This morning I despaired. There’s this theory that is supposed to guide our work. The idea is that you search out the good things God is doing, then you join in. The problem was that this morning, I was overwhelmed with recent events and negative thoughts. We’ve been here 18 months, and this morning I felt like God isn’t up to much at all. Some of the thoughts.
- I was collecting water from the borehole this morning, and two 12 ish year old boys were pushing into the line, and not listening to the 20-25 year old woman telling them to take their turn. I picked up the boys’ jerry cans twice and took them to the back of the line. They didn’t care and just pushed in again. I ended up throwing a jerry can away I was so frustrated. There was a massive sense of entitlement purely due to their ‘superior’ gender. Here, being a man is just better – its horrible.
- Many people I come in contact with in my old and new job say they are Christian, but its abundantly clear they are only concerned about finding any way possible to get more money.
- We know way too many fathers who have enough money, but are utterly unconcerned that they wreck their kids’ lives by not paying their school fees.
- Our new pastor has been to our church only once in the last 6 weeks.
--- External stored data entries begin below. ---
-- ===== src/Compute/Promises/Sums.antt =====
-- The sum that the host expects is the sum of squares that the worker adds up.
use native.Mathlib.Nat.{mul-le-mul_left, mul-le-mul_right}
use robot_harness.Base.{
  ℕ, zero, suc, ◌≡◌, ◌≢◌, ◌⊎◌, ◌≤◌, ◌<◌, ◌+◌, ◌-◌, ◌*◌, ◌/◌, ◌%◌, ◌==◌, false, arith, refl, inl,
  inr, ap, ◌∙◌, if◌then◌else◌, Bool-cases, ◌^◌, sym,
}
use robot_harness.Compute.Types.{expected_sum}
use robot_harness.Compute.Worker.{add_batch}

-- The sum of the squares of i % 1000, for i below n.
unfoldable pub sum_below : ℕ → ℕ
sum_below zero = 0
sum_below (suc n) = sum_below n + n % 1000 * (n % 1000)

-- The same in 64 bits.
unfoldable pub wrapped_sum : ℕ → ℕ
wrapped_sum n = sum_below n % 2 ^ 64

-- The sum of the squares below r.
pyramid : ℕ → ℕ
pyramid zero = 0
pyramid (suc r) = pyramid r + r * r

pyramid_closed : (r : ℕ) → 6 * pyramid (suc r) ≡ r * (r + 1) * (2 * r + 1)
unfolding pyramid
pyramid_closed zero = refl
pyramid_closed (suc r) = omega (arith, pyramid_closed r)

product_closed : (r : ℕ) → (r - 1) * r * (2 * r - 1) ≡ 6 * pyramid r
unfolding pyramid
product_closed zero = refl
product_closed (suc m) =
    let back : suc m - 1 ≡ m = omega arith in
    let odd : 2 * suc m - 1 ≡ 2 * m + 1 = omega arith in
    rw (back, odd) (omega (arith, pyramid_closed m))

last_square : pyramid 999 + 998001 ≡ 332833500
unfolding pyramid
last_square = refl

-- The remainder and the quotient of the next number.
next_remainder :
    (n : ℕ) → n % 1000 < 999 → (suc n % 1000 ≡ suc (n % 1000)) × (suc n / 1000 ≡ n / 1000)
next_remainder n h = (omega (arith, h), omega (arith, h))

next_quotient : (n : ℕ) → n % 1000 ≡ 999 → (suc n % 1000 ≡ 0) × (suc n / 1000 ≡ n / 1000 + 1)
next_quotient n h = (omega (arith, h), omega (arith, h))

not_last : (r : ℕ) → (r == 999) ≡ false → r ≢ 999
not_last r e h = ground arith

remainder-cases : (n : ℕ) → (n % 1000 ≡ 999) ⊎ (n % 1000 < 999)
remainder-cases n = elim (Bool-cases (n % 1000 == 999)) [
  | inl e ↦ inl (ground arith)
  | inr e ↦ inr (omega (arith, not_last (n % 1000) e))
]

quotient_form : (n : ℕ) → sum_below n ≡ n / 1000 * 332833500 + pyramid (n % 1000)
unfolding sum_below pyramid
quotient_form zero = refl
quotient_form (suc n) = elim (remainder-cases n) [
  | inl e ↦
      let (r, q) = next_quotient n e in
      omega (
        arith,
        quotient_form n,
        q,
        ap pyramid r,
        ap pyramid e,
        ap (λ (x : ℕ). x * x) e,
        last_square,
      )
  | inr e ↦ let (r, q) = next_remainder n e in omega (arith, quotient_form n, q, ap pyramid r)
]

remainder_form : (r : ℕ) → (if r == 0 then 0 else (r - 1) * r * (2 * r - 1) / 6) ≡ pyramid r
unfolding pyramid
remainder_form zero = refl
remainder_form (suc m) = ground (arith, product_closed (suc m))

-- The closed formula of the host is the sum of the squares of i % 1000 for all i below the iterations,
-- in 64 bits.
pub expected_sum-exact : (n : ℕ) → expected_sum n ≡ wrapped_sum n
unfolding expected_sum wrapped_sum
expected_sum-exact n =
    ap (λ (s : ℕ). s % 2 ^ 64) (omega (arith, quotient_form n, remainder_form (n % 1000)))

square_small : (r : ℕ) → r ≤ 999 → r * r ≤ 998001
square_small r h = omega (arith, mul-le-mul_left r h, mul-le-mul_right 999 h)

mod_small : (n : ℕ) → n % 1000 ≤ 999
mod_small n = omega arith

pub sum_below-bounded : (n : ℕ) → sum_below n ≤ 998001 * n
unfolding sum_below
sum_below-bounded zero = omega arith
sum_below-bounded (suc n) =
    omega (arith, sum_below-bounded n, square_small (n % 1000) (mod_small n))

next_number : (n : ℕ) → n + 1 ≡ suc n
next_number n = omega arith

-- For as many iterations as the worker accepts, the sum does not wrap.
pub wrapped_sum-fits : (n : ℕ) → n ≤ 100000000 → wrapped_sum n ≡ sum_below n
unfolding wrapped_sum
wrapped_sum-fits n b = omega (arith, sum_below-bounded n, b)

wrap_left : (a b : ℕ) → (a % 2 ^ 64 + b) % 2 ^ 64 ≡ (a + b) % 2 ^ 64
wrap_left a b = omega arith

batched :
    (from sum : ℕ)
    → sum ≡ wrapped_sum from
    → (sum + from % 1000 * (from % 1000)) % 2 ^ 64 ≡ wrapped_sum (from + 1)
unfolding wrapped_sum sum_below
batched from sum e =
    ap (λ (s : ℕ). (s + from % 1000 * (from % 1000)) % 2 ^ 64) e
    ∙ wrap_left (sum_below from) (from % 1000 * (from % 1000))
    ∙ ap wrapped_sum (sym (next_number from))

-- A batch adds the squares of its iterations.
pub add_batch-sum :
    (k from : ℕ)
    → (sum : ℕ) → sum ≡ wrapped_sum from
    → add_batch k from sum ≡ wrapped_sum (from + k)
unfolding add_batch
add_batch-sum zero from sum e = e ∙ ap wrapped_sum (omega arith)
add_batch-sum (suc k) from sum e =
    add_batch-sum k (from + 1) ((sum + from % 1000 * (from % 1000)) % 2 ^ 64) (batched from sum e)
    ∙ ap wrapped_sum (omega arith)
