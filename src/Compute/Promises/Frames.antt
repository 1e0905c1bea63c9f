-- ===== src/Compute/Promises/Frames.antt =====
-- The frames that the worker sends, and how it exits.
use robot_harness.Base.{
  ℕ, ◌≡◌, ◌≢◌, ◌≤◌, ◌+◌, ◌-◌, true, false, Bool, Option, none, some, List, [], ◌∷◌, ◌++◌, arith,
  refl, inl, inr, ap, ◌∙◌, if◌then◌else◌, Bool-cases, ◌^◌, ◌%◌,
}
use robot_harness.Compute.Worker.{
  Frame, FrameKind, Channels, Progress, Exit, send_frame, send_last, stop, advanced, min, frame,
  is_sent,
}
use robot_harness.Compute.Promises.Sums.{wrapped_sum, add_batch-sum}

-- A frame carries the sum of the squares of its iterations, in 64 bits.
abbrev pub AreExact : List Frame → Type 0
AreExact [] = Unit {0}
AreExact (f ∷ fs) = (f.value ≡ wrapped_sum f.iterations) × AreExact fs

pub AreExact-append :
    (fs : List Frame) (f : Frame)
    → AreExact fs
    → f.value ≡ wrapped_sum f.iterations
    → AreExact (fs ++ f ∷ [])
AreExact-append [] f h e = (e, tt)
AreExact-append (g ∷ fs) f h e = (h.0, AreExact-append fs f h.1 e)

pub record IsSound (limit : ℕ) (p : Progress) : Type 0 where
  pub sum_exact : p.sum ≡ wrapped_sum p.completed
  pub frames_exact : AreExact p.frames
  pub within : p.completed ≤ limit
  pub fits : limit ≤ 100000000

sent_exact :
    (b : Bool) (fs : List Frame) (f : Frame)
    → AreExact fs
    → f.value ≡ wrapped_sum f.iterations
    → AreExact (if b then fs ++ f ∷ [] else fs)
sent_exact true fs f h e = AreExact-append fs f h e
sent_exact false fs f h e = h

pub send_frame-IsSound :
    (c : Channels) (k : FrameKind) (limit : ℕ) (p : Progress)
    → IsSound limit p
    → IsSound limit (send_frame c k p).0
unfolding send_frame
send_frame-IsSound c k limit p h = record {
  sum_exact = h.sum_exact;
  frames_exact = sent_exact _ p.frames (frame k p) h.frames_exact h.sum_exact;
  within = h.within;
  fits = h.fits;
}

no_wrap : (a limit : ℕ) → a ≤ limit → limit ≤ 100000000 → (a + 4096) % 2 ^ 64 ≡ a + 4096
no_wrap a limit h b = omega arith

batch_size :
    (a end limit : ℕ) → end ≡ a + 4096 → a ≤ limit → a + (min end limit - a) ≡ min end limit
batch_size a end limit e h = ground arith

min_within : (end limit : ℕ) → min end limit ≤ limit
min_within end limit = ground arith

pub advanced-IsSound :
    (limit : ℕ) (p : Progress) → IsSound limit p → IsSound limit (advanced limit p)
advanced-IsSound limit p h = record {
  sum_exact =
      add_batch-sum _ p.completed p.sum h.sum_exact
      ∙ ap wrapped_sum
          (batch_size p.completed _ limit (no_wrap p.completed limit h.within h.fits) h.within);
  frames_exact = h.frames_exact;
  within = min_within _ limit;
  fits = h.fits;
}

unfoldable pub last_frame : List Frame → Option Frame
last_frame [] = none
last_frame (f ∷ fs) = let rest = last_frame fs in elim rest [ none ↦ some f | some g ↦ some g ]

pub last_frame-append : (fs : List Frame) (f : Frame) → last_frame (fs ++ f ∷ []) ≡ some f
unfolding last_frame
last_frame-append [] f = refl
last_frame-append (g ∷ fs) f = rw (last_frame-append fs f)

-- The worker has exited; at exit code 0 its last frame is of the whole work, at 20 of a part of it.
abbrev pub EndsWith : FrameKind → ℕ → List Frame → Type 0
EndsWith k n fs = (f : Frame) × (last_frame fs ≡ some f) × (f.kind ≡ k) × (f.iterations ≡ n)

pub record Ends (limit : ℕ) (e : Exit) : Type 0 where
  pub exits : e.0 ≢ none
  pub exact : AreExact e.1
  pub whole : e.0 ≡ some 0 → EndsWith FrameKind.completed limit e.1

pub failed_Ends : (limit : ℕ) (p : Progress) → IsSound limit p → Ends limit (some 21, p.frames)
failed_Ends limit p h = record {
  exits = λ e. cc;
  exact = h.frames_exact;
  whole = λ e. absurd (ground arith);
}

sent_last :
    (k : FrameKind) (b : Bool) (p : Progress) (code : ℕ)
    → (if b then code else 21) ≡ 0
    → EndsWith k p.completed (if b then p.frames ++ frame k p ∷ [] else p.frames)
sent_last k true p code e = (frame k p, last_frame-append p.frames (frame k p), refl, refl)
sent_last k false p code e = absurd (omega (arith, e))

pub send_completed-Ends :
    (c : Channels) (limit : ℕ) (p : Progress)
    → IsSound limit p
    → p.completed ≡ limit
    → Ends limit (send_last c FrameKind.completed 0 p)
unfolding send_last send_frame
send_completed-Ends c limit p h q = record {
  exits = λ e. cc;
  exact = sent_exact _ p.frames _ h.frames_exact h.sum_exact;
  whole = λ e.
      let (f, l, k, i) =
        sent_last FrameKind.completed (is_sent (c.send p.sends (frame FrameKind.completed p))) p 0
          (ground (arith, e)) in
      (f, l, k, i ∙ q);
}

send_cancelled-Ends :
    (c : Channels) (limit : ℕ) (p : Progress)
    → IsSound limit p
    → Ends limit (send_last c FrameKind.cancelled 20 p)
unfolding send_last send_frame
send_cancelled-Ends c limit p h = record {
  exits = λ e. cc;
  exact = sent_exact _ p.frames _ h.frames_exact h.sum_exact;
  whole = λ e. absurd (ground (arith, e));
}

pub stop-Ends : (c : Channels) (limit : ℕ) (p : Progress) → IsSound limit p → Ends limit (stop c p)
unfolding stop
stop-Ends c limit p h =
    let after = send_frame-IsSound c FrameKind.stop_acknowledged limit p h in
    elim (Bool-cases (is_sent (send_frame c FrameKind.stop_acknowledged p).1)) [
      | inl e ↦
          rw e (send_cancelled-Ends c limit (send_frame c FrameKind.stop_acknowledged p).0 after)
      | inr e ↦ rw e (failed_Ends limit (send_frame c FrameKind.stop_acknowledged p).0 after)
    ]
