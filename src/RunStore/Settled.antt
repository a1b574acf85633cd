-- ===== src/RunStore/Settled.antt =====
-- ui/src/runStore.ts: what is read back of blocks that waited when they were stored.
use kaja.Prelude.{
  ℕ, ◌≡◌, refl, String, Bool, true, not, ◌&&◌, ◌||◌, Option, none, some, List, [], ◌∷◌, ◌++◌, arith,
  ltb, all, Bool-cases, inl, inr,
}
use kaja.Block.{Block, is_awaiting_user}
use kaja.Run.{Run, ConsoleItem}
use kaja.RunStore.{StoredItem, stored_block, stored_blocks, to_stored_item}
use kaja.RunStore.Files.{
  from_stored_item, run_items, read_runs, deserialize_file, stored_items, payload_bytes, store_runs,
  kept_runs, serialize_file,
}

-- It waits for nobody: no question, no approval, no source of rows.
abbrev pub is_settled : Block → Bool
is_settled (Block.table block) = not (block.live && not block.exhausted)
is_settled block = not (is_awaiting_user block)

abbrev pub settled_block : Option Block → Bool
settled_block none = true
settled_block (some block) = is_settled block

abbrev pub settled_item : ConsoleItem → Bool
settled_item item = settled_block item.block

abbrev settled_entry : StoredItem → Bool
settled_entry item = settled_block item.block

settled-stored_blocks : (block : Option Block) → settled_block (stored_blocks block) ≡ true
unfolding stored_block is_awaiting_user
settled-stored_blocks none = refl
settled-stored_blocks (some (Block.text text)) = refl
settled-stored_blocks (some (Block.code code language)) = refl
settled-stored_blocks (some (Block.table block)) = ground arith
settled-stored_blocks (some (Block.ask block)) = ground arith
settled-stored_blocks (some (Block.approve block)) = ground arith

settled-stored_items :
    (run_id : String) (items : List ConsoleItem)
    → all settled_entry (stored_items run_id items) ≡ true
unfolding stored_items to_stored_item
settled-stored_items run_id [] = refl
settled-stored_items run_id (item ∷ items) =
    ground (arith, settled-stored_items run_id items, settled-stored_blocks item.block)

settled-run_items :
    (run_id : String) (items : List StoredItem)
    → all settled_entry items ≡ true
    → all settled_item (run_items run_id items) ≡ true
unfolding run_items from_stored_item
settled-run_items run_id [] h = refl
settled-run_items run_id (item ∷ items) h = ground (arith, settled-run_items run_id items)

all-append {ℓ} :
    {A : Type ℓ} (p : A → Bool) (xs ys : List A)
    → all p xs ≡ true
    → all p ys ≡ true
    → all p (xs ++ ys) ≡ true
all-append p [] ys h h' = h'
all-append p (x ∷ xs) ys h h' = ground (arith, all-append p xs ys)

module _ (size : List StoredItem → Option ℕ) where
  settled-store_runs :
      (runs : List Run) (items : List ConsoleItem)
      → all settled_item (read_runs (store_runs size runs items).0).items ≡ true
  unfolding store_runs read_runs run_items
  settled-store_runs [] items = refl
  settled-store_runs (run ∷ runs) items =
      let payload = stored_items run.id items in
      let budget = (store_runs size runs items).1 in
      elim (Bool-cases (run.payloads_expired || ltb budget (payload_bytes size payload))) [
        | inl left_out ↦ rw (left_out, store_runs) (settled-store_runs runs items)
        | inr fits ↦
            rw (fits, store_runs)
              (all-append settled_item (run_items run.id payload)
                (read_runs (store_runs size runs items).0).items
                (settled-run_items run.id payload (settled-stored_items run.id items))
                (settled-store_runs runs items))
      ]

  -- Whatever a file's console held when it was stored, nothing that is read back waits for the user:
  -- no question is unanswered and not cancelled, no call is undecided, and no table has a live source
  -- that is not exhausted.
  pub deserialize_file-settled :
      (runs : List Run) (items : List ConsoleItem) (now : ℕ)
      → all settled_item (deserialize_file (serialize_file size runs items now)).items ≡ true
  unfolding deserialize_file serialize_file
  deserialize_file-settled runs items now = settled-store_runs (kept_runs runs) items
Then I went to church. I didn’t really want to this morning. I arrived very late, after the sermon had started. I looked up and Gerrard was preaching, one of my favourite people here. He lives right on the breadline, and fixes bikes by day – not a lucrative job at all. With all this financial pressure, he gives up his entire Thursday to counsel people and pray for them, anyone who comes through the church door. He’s so caring and a wonderful listener. There are no mental health workers or counsellors here, and this is the only chance many people will get for emotional and spiritual healing. We’ve seen people inspired and loads lifted. After his sermon, half the church came up to be prayed for, and the place was electric
I awoke from my stupor, and was overwhelmed with guilt at my negative thoughts. I was blind and full of bitterness. It was like God held out his hand to me then slapped me a couple of times in the face. God is up to something, despite the mess.